Feb 8 2019
Using Artificial Intelligence and Big Data methods, scientists from Valencia University (UV) have created the first global maps of the nitrogen and phosphorus contents in vegetation, as well as the efficiency in water usage. The general belief is that the application of these maps will have a significant influence in fields such as agriculture, biodiversity, or the adaptation of species to climate change.
Artificial Intelligence (AI) methods along with the support of Google to work with Earth’s mass satellite observation data, have made it feasible to create the first global maps on vegetation variables that up to now were only available locally.

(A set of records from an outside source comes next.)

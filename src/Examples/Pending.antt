-- ===== src/Examples/Pending.antt =====
-- The writer's theorems at concrete runs.
use keypooler.Base.{◌≡◌, ◌≢◌, refl, true, none, some, List, [], ◌∷◌}
use keypooler.Base.Dict.{Distinct, lookup}
use keypooler.Db.Postgres.{UsageRows}
use keypooler.Db.Postgres.Spend.{Ending, works, refuses, loses_reply}
use keypooler.Db.Store.{Store, Weather}
use keypooler.Db.Store.Counting.{usage_store, usage_of, usage_store-IsAtomic}
use keypooler.Writeback as Writeback
use keypooler.Writeback.{Usage, Writer, flush, default_max_events}
use keypooler.Writeback.Refinement.{
  Action, serves, resets, takes, settles, run, start, settled_row, replay,
}
use keypooler.Writeback.Within.{Within}
use keypooler.Writeback.Repeats.{repeats, settled_row-run, settled_row-answered}
use keypooler.Writeback.Flush.{flushed, flush-row}
use keypooler.Writeback.Events
use keypooler.Examples.Data.{at, seen}
use keypooler.Examples.Storing.{with_key}

abbrev fresh_rows : UsageRows
fresh_rows id = record { usage_count = 7; usage_window_start = none }

-- Two serves are taken, written, and kept since the answer is lost; they are written again.
abbrev lost : List Action
lost =
    serves "a" ∷ serves "a" ∷ takes ∷ serves "b" ∷ settles loses_reply ∷ takes ∷ settles works ∷ []

settled_row-run_example :
    Within
      (repeats (start fresh_rows) lost "a")
      (replay lost "a" (fresh_rows "a"))
      (settled_row (run (start fresh_rows) lost) "a")
settled_row-run_example = settled_row-run fresh_rows lost "a"

-- Two serves are taken and refused while a reset comes in; the reset stands.
abbrev acts : List Action
acts =
    serves "a"
    ∷ serves "a"
    ∷ takes
    ∷ serves "b"
    ∷ resets "a" (at 9)
    ∷ settles refuses
    ∷ takes
    ∷ settles works
    ∷ serves "a"
    ∷ []

settled_row-answered_example :
    settled_row (run (start fresh_rows) acts) "a" ≡ replay acts "a" (fresh_rows "a")
settled_row-answered_example =
    settled_row-answered fresh_rows acts "a"
      (tt, (tt, (tt, (tt, (tt, (tt, (tt, (tt, (tt, tt)))))))))

abbrev weather : Ending → Weather
weather ending = record { reading = true; writing = ending; text_before = λ s t. true; now = 7 }

not_lost : works ≢ loses_reply
not_lost e = cc

-- Two serves of a key that is there, and three of one that is not.
abbrev waiting : Writer
waiting = record {
  usage = ("k", record { n = 2; reset = some (at 9) }) ∷ ("b", record { n = 3; reset = none }) ∷ [];
  events = seen "e" ∷ [];
  max_events = default_max_events;
}

waiting-Distinct : Distinct waiting.usage
unfolding lookup
waiting-Distinct = (refl, (refl, tt))

flush-row_example :
    (let (s', w') = flush (usage_store (weather works)) with_key.0 waiting in
      flushed w' [] (usage_of s' "k") "k")
    ≡ flushed waiting [] (usage_of with_key.0 "k") "k"
flush-row_example =
    flush-row (usage_store (weather works)) usage_of (usage_store-IsAtomic (weather works) not_lost)
      with_key.0 waiting "k" waiting-Distinct

-- A chunk is copied and its answer lost; it waits again, and is refused as its event is there.
abbrev emitted : List (Events.Action Ending)
emitted =
    Events.emits (seen "1")
    ∷ Events.takes
    ∷ Events.emits (seen "2")
    ∷ Events.settles loses_reply
    ∷ Events.takes
    ∷ Events.settles works
    ∷ []

abbrev stores : Ending → Writeback.Store Store
stores ending = usage_store (weather ending)

run-Truncates_example :
    Events.Truncates default_max_events
      (Events.run stores (Events.start stores with_key.0) emitted)
      (Events.log_run stores default_max_events (Events.empty_log stores with_key.0) emitted)
run-Truncates_example = Events.run-Truncates stores with_key.0 emitted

A study team of the Image Processing Lab (IPL), of the University’s Scientific Park, and of the Environmental Remote Sensing (ERS) Group of the Department of Earth Physics and Thermodynamics, both of the UV, have formulated a methodology to create global maps of core parameters, variable, and features of the Earth’s vegetation. The technology, based on AI, works with Google’s cloud to make the most of the numerous images from the NASA and the ESA, thus enabling the generation and monitoring of the vegetation with high temporal and spatial resolution in a global manner. The studies have shown very remarkable patterns in core parameters to examine climate change, such as nitrogen or phosphorus contents and plant foliage.

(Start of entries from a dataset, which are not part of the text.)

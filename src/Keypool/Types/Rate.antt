-- ===== src/Keypool/Types/Rate.antt =====
-- `TryRate` over sequences of calls.
use keypooler.Base.{
  ℕ, suc, ◌+◌, ◌-◌, ◌*◌, ◌≤◌, ◌≡◌, ap, ◌∙◌, inl, inr, min, String, true, false, some, List, [], ◌∷◌,
  arith, str_eq, str_eq_refl, if◌then◌else◌, Bool-cases, length,
}
use keypooler.Base.Int.{pos_part, ◌<ℤ◌, ◌≤ℤ◌, leb_ℤ}
use keypooler.Base.Dict.{lookup, lookup-insert}
use keypooler.Time.{since}
use keypooler.Keypool.Types.{
  FeatureLimit, RateCounter, PoolKey, window, roll, counter, reached, put_counter, count_call,
  try_rate,
}

-- The calls at the times `ts`, in order: the key they leave, and how many passed.
pub rate_calls : PoolKey → String → List ℕ → PoolKey × ℕ
rate_calls k feature [] = (k, 0)
rate_calls k feature (t ∷ ts) =
    let (k', passed) = try_rate k feature t in
    let (k'', more) = rate_calls k' feature ts in (k'', if passed then suc more else more)

abbrev pub All {ℓ κ} : {A : Type ℓ} → (A → Type κ) → List A → Type κ
All P [] = Unit
All P (x ∷ xs) = P x × All P xs

counter-put :
    (k : PoolKey) (f g : String) (rc : RateCounter)
    → counter (put_counter k f rc) g ≡ (if str_eq f g then rc else counter k g)
unfolding counter
counter-put k f g rc = elim (Bool-cases (str_eq f g)) [
  | inl e ↦ rw (lookup-insert f g rc k.rate_counters, e)
  | inr e ↦ rw (lookup-insert f g rc k.rate_counters, e)
]

-- One call on a feature whose window is still running.
module _ (k : PoolKey) (f : String) (fl : FeatureLimit) (now : ℕ)
    (covered : lookup f k.features ≡ some fl) where
  try_rate_lem : try_rate k f now ≡ count_call k f fl (roll fl now (counter k f))
  unfolding try_rate
  try_rate_lem = rw (covered, try_rate)

  counter-try_rate : counter (try_rate k f now).0 f ≡ (
      let rc = roll fl now (counter k f) in
      if reached rc.count fl.rate_limit then rc else record rc { count = suc rc.count })
  counter-try_rate = elim (Bool-cases (reached (roll fl now (counter k f)).count fl.rate_limit)) [
    | inl e ↦ rw (try_rate_lem, e, counter-put k f f _, str_eq_refl f)
    | inr e ↦ rw (try_rate_lem, e, counter-put k f f _, str_eq_refl f)
  ]

  passed-try_rate :
      (try_rate k f now).1
      ≡ (if reached (roll fl now (counter k f)).count fl.rate_limit then false else true)
  passed-try_rate = elim (Bool-cases (reached (roll fl now (counter k f)).count fl.rate_limit)) [
    | inl e ↦ rw (try_rate_lem, e)
    | inr e ↦ rw (try_rate_lem, e)
  ]

  features-try_rate : (try_rate k f now).0.features ≡ k.features
  features-try_rate = elim (Bool-cases (reached (roll fl now (counter k f)).count fl.rate_limit)) [
    | inl e ↦ rw (try_rate_lem, e)
    | inr e ↦ rw (try_rate_lem, e)
  ]

-- Every one of the times falls into the window that begins at `start`.
abbrev pub InWindow : FeatureLimit → ℕ → List ℕ → Type 0
InWindow fl start ts = All (λ t. since t start <ℤ window fl) ts

-- Any two of the times, the later one second, are less than a window apart.
abbrev pub Spans : FeatureLimit → List ℕ → Type 0
Spans fl [] = Unit {0}
Spans fl (t ∷ ts) = InWindow fl t ts × Spans fl ts

-- A limit below 0 lets nothing pass, like 0.
abbrev pub allowance : FeatureLimit → ℕ
allowance fl = pos_part fl.rate_limit

roll_inside :
    (fl : FeatureLimit) (now : ℕ) (rc : RateCounter)
    → since now rc.window_start <ℤ window fl
    → roll fl now rc ≡ rc
unfolding roll
roll_inside fl now rc h = ground arith

module _ (f : String) (fl : FeatureLimit) where
  passed_next :
      (k : PoolKey) (t : ℕ) (ts : List ℕ) (rc : RateCounter)
      → lookup f k.features ≡ some fl
      → roll fl t (counter k f) ≡ rc
      → (rate_calls k f (t ∷ ts)).1 ≡ (
          let rest = (rate_calls (try_rate k f t).0 f ts).1 in
          if reached rc.count fl.rate_limit then rest else suc rest)
  unfolding rate_calls
  passed_next k t ts rc covered e = elim (Bool-cases (reached rc.count fl.rate_limit)) [
    | inl full ↦ rw (passed-try_rate k f fl t covered, e, full)
    | inr free ↦ rw (passed-try_rate k f fl t covered, e, free)
  ]

  counter_next :
      (k : PoolKey) (t : ℕ) (rc : RateCounter)
      → lookup f k.features ≡ some fl
      → roll fl t (counter k f) ≡ rc
      → counter (try_rate k f t).0 f
        ≡ (if reached rc.count fl.rate_limit then rc else record rc { count = suc rc.count })
  counter_next k t rc covered e = rw (counter-try_rate k f fl t covered, e)

  covered_next :
      (k : PoolKey) (t : ℕ)
      → lookup f k.features ≡ some fl
      → lookup f (try_rate k f t).0.features ≡ some fl
  covered_next k t covered = rw (features-try_rate k f fl t covered) covered

  -- The two ways in which a call under the counter `rc` goes on.
  passed_full :
      (k : PoolKey) (t : ℕ) (ts : List ℕ) (rc : RateCounter)
      → lookup f k.features ≡ some fl
      → roll fl t (counter k f) ≡ rc
      → reached rc.count fl.rate_limit ≡ true
      → (counter (try_rate k f t).0 f ≡ rc)
        × ((rate_calls k f (t ∷ ts)).1 ≡ (rate_calls (try_rate k f t).0 f ts).1)
  passed_full k t ts rc covered e full =
      (rw (counter_next k t rc covered e, full), rw (passed_next k t ts rc covered e, full))

  passed_free :
      (k : PoolKey) (t : ℕ) (ts : List ℕ) (rc : RateCounter)
      → lookup f k.features ≡ some fl
      → roll fl t (counter k f) ≡ rc
      → reached rc.count fl.rate_limit ≡ false
      → (counter (try_rate k f t).0 f ≡ record rc { count = suc rc.count })
        × ((rate_calls k f (t ∷ ts)).1 ≡ suc (rate_calls (try_rate k f t).0 f ts).1)
  passed_free k t ts rc covered e free =
      (rw (counter_next k t rc covered e, free), rw (passed_next k t ts rc covered e, free))

  -- What the calls at `ts` do in one window, from any key.
  abbrev Share : List ℕ → Type 0
  Share ts =
      (k : PoolKey) (rc : RateCounter)
      → lookup f k.features ≡ some fl
      → counter k f ≡ rc
      → InWindow fl rc.window_start ts
      → (rate_calls k f ts).1 ≡ min (length ts) (allowance fl - rc.count)

  passed_rolled :
      (ts : List ℕ)
      → Share ts
      → (k : PoolKey) (t : ℕ) (rc : RateCounter) → lookup f k.features ≡ some fl
      → roll fl t (counter k f) ≡ rc
      → InWindow fl rc.window_start ts
      → (rate_calls k f (t ∷ ts)).1 ≡ min (suc (length ts)) (allowance fl - rc.count)
  passed_rolled ts ih k t rc covered e h = elim (Bool-cases (reached rc.count fl.rate_limit)) [
    | inl full ↦
        let (same, total) = passed_full k t ts rc covered e full in
        ground (arith, total, ih (try_rate k f t).0 rc (covered_next k t covered) same h)
    | inr free ↦
        let (more, total) = passed_free k t ts rc covered e free in
        ground (arith, total, ih (try_rate k f t).0 _ (covered_next k t covered) more h)
  ]

  -- Calls in one window share what the window has left.
  passed_inside : (ts : List ℕ) → Share ts
  unfolding rate_calls
  passed_inside [] k rc covered e h = omega arith
  passed_inside (t ∷ ts) k rc covered e h =
      passed_rolled ts (passed_inside ts) k t rc covered
        (ap (roll fl t) e ∙ roll_inside fl t rc h.0) h.1

  -- A call that opens a window, and the calls that follow within it: as many pass as the rate limit
  -- allows, from the first on, whatever the counter was before.
  pub passed_window :
      (k : PoolKey) (t : ℕ) (ts : List ℕ)
      → lookup f k.features ≡ some fl
      → window fl ≤ℤ since t (counter k f).window_start
      → InWindow fl t ts
      → (rate_calls k f (t ∷ ts)).1 ≡ min (length (t ∷ ts)) (allowance fl)
  passed_window k t ts covered over h =
      passed_rolled ts (passed_inside ts) k t (record { count = 0; window_start = t }) covered
        (unfold roll in ground arith) h
      ∙ omega arith

  -- The bound of a stretch of calls, from any key.
  abbrev Bounded : List ℕ → Type 0
  Bounded ts =
      (k : PoolKey)
      → lookup f k.features ≡ some fl
      → Spans fl ts
      → (rate_calls k f ts).1 ≤ (allowance fl - (counter k f).count) + allowance fl

  stretch_running :
      (ts : List ℕ)
      → Bounded ts
      → (k : PoolKey) (t : ℕ) → lookup f k.features ≡ some fl
      → Spans fl ts
      → roll fl t (counter k f) ≡ counter k f
      → (rate_calls k f (t ∷ ts)).1 ≤ (allowance fl - (counter k f).count) + allowance fl
  stretch_running ts ih k t covered h e =
      elim (Bool-cases (reached (counter k f).count fl.rate_limit)) [
        | inl full ↦
            let (same, total) = passed_full k t ts _ covered e full in
            omega (
              arith,
              total,
              ih (try_rate k f t).0 (covered_next k t covered) h,
              ap (λ (rc : RateCounter). rc.count) same,
            )
        | inr free ↦
            let (more, total) = passed_free k t ts _ covered e free in
            ground (
              arith,
              total,
              ih (try_rate k f t).0 (covered_next k t covered) h,
              ap (λ (rc : RateCounter). rc.count) more,
            )
      ]

  stretch : (ts : List ℕ) → Bounded ts
  unfolding rate_calls
  stretch [] k covered h = omega arith
  stretch (t ∷ ts) k covered h =
      elim (Bool-cases (leb_ℤ (window fl) (since t (counter k f).window_start))) [
        | inl over ↦ omega (arith, passed_window k t ts covered (unfold roll in ground arith) h.0)
        | inr running ↦
            stretch_running ts (stretch ts) k t covered h.1 (unfold roll in ground arith)
      ]

  -- Of calls any two of which are less than a window apart, at most twice the rate limit passes,
  -- whatever the counter was before.
  pub passed_stretch :
      (ts : List ℕ) (k : PoolKey)
      → lookup f k.features ≡ some fl
      → Spans fl ts
      → (rate_calls k f ts).1 ≤ 2 * allowance fl
  passed_stretch ts k covered h = omega (arith, stretch ts k covered h)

“Until now it was impossible to produce these maps because the required conditions weren’t available. We didn’t have powerful and accurate machine learning statistical tools; nor did we have access to great bodies of data or cloud computing to process the petabytes of satellite images in a fast and accurate way. Now, with the Google platform and the AI techniques, we can make these calculations with data from the ESA or NASA quickly and on a planetary scale,” says physician and electronic engineer Álvaro Moreno, leader of this research and current researcher of the IPL for the Image and Signal Processing (ISP) group.
The scientists have accomplished the data processing in the Google cloud.
The mathematical tools are machine learning models that learn the relation between the images they receive from the satellites and the measurements taken from the Earth’s surface. Once they have learned this relation for numerous observation-measurement pairings, this knowledge can be extrapolated to any other location and time to generate estimation maps of the measure of interest. The possibilities are tremendous and now we can generate global maps from almost any variable of interest where there is in situ data, as we have the satellites orbiting and providing very good temporal and spatial observations. In our case, we have generated global maps of biophysical parameters that are useful to monitor vegetation (how much vegetation we have, to what extent it’s active and what amounts of phosphorus and nitrogen there are), but they could very well be used for other variables of interest, and not only on the ground, but also in water and as regards the quality of air.
Manuel Campos-Taberner, Researcher, ERS.
For more than 15 years the researchers have been taking part in related initiatives with the European Organization for the Exploitation of Meteorological Satellites (EUMETSAT) for the utilization of data from current and future missions within a European program called Satellite Application Facility on Land Surface Analysis (LSA-SAF).
It is the first European initiative dedicated to producing and distributing, in real time, variables of the status of the terrestrial environmental system, offering products of great value for the observation of the climate and the environment.
Javier García Haro, Chief Investigator, ERS group.
Future applications
According to the researchers, the new maps will have an effect in other fields such as biodiversity, precision farming, or the adaptation of species to climate change. “The study is not only a conceptual test of what can be achieved by combining machine learning and remote sensing, but it also opens the door to future scientific studies that exploit this type of maps,” adds Gustau Camps-Valls, Electronic Engineering professor and researcher of the IPL, who has the support of an ERC Consolidator Grant for the development of AI concerning the observation of the Earth. “The applications and implications are endless, and even more so when faced with the current pressure on food and biofuel production for example, without underestimating the study of the impact on ecosystems and the adaptation of species,” he concludes.
The study team from Valencia University has formulated the methodology along with researchers from over 20 institutions from around the world (Max Planck, UCL, Univ. Montana, Univ. California, etc.), with the partnership of Google’s “Google Earth Engine” and the data from multispectral sensors of the NASA from the past two decades. Steven W. Running (University of Montana), lead author of the Fourth Assessment Report of the Intergovernmental Panel on Climate Change (IPCC), which earned him the Nobel Peace Prize in 2007, was involved in these studies. “What Álvaro Moreno and his collaborators have done is impressive— he says—; now, with a computer connected to the internet, you can do things that the ESA or NASA have never done in their 50 years of existence.”